WHAT YOU NEED TO DO: Return only those lines of the listing in which "null" appears.
[ENTRIES SHOWN]
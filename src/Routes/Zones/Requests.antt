-- ===== src/Routes/Zones/Requests.antt =====
-- What the handlers of app/routes/zones.py read of a request: fields of a JSON object, and of a form.
use nova_dns.Prelude.{
  ℕ, zero, suc, ◌+◌, Bool, true, false, Option, none, some, List, [], ◌∷◌, String, if◌then◌else◌,
  Result, ok, err, type_error, below_zero, ◌>>=◌,
}
use nova_dns.Prelude.Int.{ℤ, pos, negsuc}
use package.text.Mathlib.Text.{◌==◌ as str_eq}
use nova_dns.Text.{Text, text_eq}
use nova_dns.Text.Number.{str_of}
use nova_dns.Wire.Types.{codes}
use nova_dns.Wire.Rdata.{
  Field, num, text, null, Value, item_or, as_text, strip, lstrip, rstrip, int_of_text,
}
use nova_dns.Db.{exists}

-- body.get(k)
unfoldable pub field : String → Value → Field
unfolding item_or
field k body = item_or k null body

-- the truth value of a field
unfoldable pub is_true : Field → Bool
is_true null = false
is_true (text []) = false
is_true (text (c ∷ s)) = true
is_true (num (pos zero)) = false
is_true (num (pos (suc n))) = true
is_true (num (negsuc n)) = true

-- field not in (None, "")
unfoldable pub is_given : Field → Bool
is_given null = false
is_given (text []) = false
is_given (text (c ∷ s)) = true
is_given (num n) = true

-- int(x)
unfoldable pub int_of_field : Field → Result ℤ
unfolding int_of_text
int_of_field (num n) = ok n
int_of_field (text s) = int_of_text s
int_of_field null = err type_error

-- a number for a column that holds none below 0
unfoldable pub natural : ℤ → Result ℕ
natural (pos n) = ok n
natural (negsuc n) = err below_zero

unfoldable pub nat_of_field : Field → Result ℕ
unfolding int_of_field natural
nat_of_field f = int_of_field f >>= natural

-- int(ttl) if ttl else None
unfoldable pub ttl_of : Field → Result (Option ℕ)
unfolding is_true nat_of_field
ttl_of f = elim (is_true f) [ true ↦ nat_of_field f >>= λ n. ok (some n) | false ↦ ok none ]

-- [int(i) for i in …]
unfoldable pub numbers_of : List Field → Result (List ℤ)
unfolding int_of_field
numbers_of [] = ok []
numbers_of (f ∷ fields) = do n ← int_of_field f; rest ← numbers_of fields; ok (n ∷ rest)

-- str(n)
unfoldable pub number_text : ℤ → Text
unfolding str_of
number_text (pos n) = str_of n
number_text (negsuc n) = 45 ∷ str_of (n + 1)

-- body.get(k, default).strip()
unfoldable pub stripped : String → Text → Value → Result Text
unfolding item_or as_text lstrip rstrip
stripped k default body = as_text (item_or k (text default) body) >>= λ s. ok (strip s)

-- x or None
unfoldable pub or_none : Text → Option Text
or_none [] = none
or_none (c ∷ s) = some (c ∷ s)

-- x or "@"
unfoldable pub or_apex : Text → Text
or_apex [] = codes "@"
or_apex (c ∷ s) = c ∷ s

-- RTYPE_FIELDS
abbrev pub rtype_fields : List (String × List String)
rtype_fields =
    ("A", "address" ∷ [])
    ∷ ("AAAA", "address" ∷ [])
    ∷ ("CNAME", "target" ∷ [])
    ∷ ("NS", "target" ∷ [])
    ∷ ("PTR", "target" ∷ [])
    ∷ ("MX", "priority" ∷ "target" ∷ [])
    ∷ ("TXT", "text" ∷ [])
    ∷ ("SRV", "priority" ∷ "weight" ∷ "port" ∷ "target" ∷ [])
    ∷ ("CAA", "flags" ∷ "tag" ∷ "value" ∷ [])
    ∷ ("NAPTR", "order" ∷ "preference" ∷ "flags" ∷ "service" ∷ "regexp" ∷ "replacement" ∷ [])
    ∷ ("TLSA", "usage" ∷ "selector" ∷ "matching_type" ∷ "cert_data" ∷ [])
    ∷ ("SSHFP", "algorithm" ∷ "fp_type" ∷ "fingerprint" ∷ [])
    ∷ ("DS", "key_tag" ∷ "algorithm" ∷ "digest_type" ∷ "digest" ∷ [])
    ∷ ("HTTPS", "priority" ∷ "target" ∷ "alpn" ∷ "port" ∷ "ipv4hint" ∷ "ipv6hint" ∷ [])
    ∷ []

-- RTYPE_FIELDS.get(rtype)
fields_in : List (String × List String) → Text → Option (List String)
unfolding text_eq
fields_in [] rtype = none
fields_in ((name, fields) ∷ table) rtype =
    let rest = fields_in table rtype in if text_eq (codes name) rtype then some fields else rest

-- the type that a request names, and its fields
unfoldable pub fields_for : Field → Option (Text × List String)
unfolding fields_in
fields_for (text rtype) = elim (fields_in rtype_fields rtype) [
  | none ↦ none
  | some fields ↦ some (rtype, fields)
]
fields_for (num n) = none
fields_for null = none

-- OPTIONAL_FIELDS.get(rtype, set()) | {"raw_hex"}
unfoldable pub optional_fields : Text → List String
unfolding text_eq
optional_fields rtype =
    if text_eq rtype (codes "HTTPS")
    then "alpn" ∷ "port" ∷ "ipv4hint" ∷ "ipv6hint" ∷ "raw_hex" ∷ []
    else "raw_hex" ∷ []

-- {f: body.get(f) for f in fields if body.get(f) not in (None, "")}
unfoldable pub given : List String → Value → Value
unfolding is_given field
given [] body = []
given (f ∷ fields) body =
    let rest = given fields body in
    if is_given (field f body) then (f, field f body) ∷ rest else rest

-- [f for f in fields if f not in data and f not in optional]
unfoldable pub missing : List String → List String → Value → List String
unfolding exists
missing [] optional body = []
missing (f ∷ fields) optional body =
    let rest = missing fields optional body in
    if exists (λ (e : String × Field). str_eq e.0 f) body
    then rest
    else if exists (str_eq f) optional
    then rest
    else f ∷ rest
[/ENTRIES SHOWN]
EXERCISE SOLUTION:
  Field, num, text, null, Value, item_or, as_text, strip, lstrip, rstrip, int_of_text,
field k body = item_or k null body
is_true null = false
is_given null = false
int_of_field null = err type_error
fields_for null = none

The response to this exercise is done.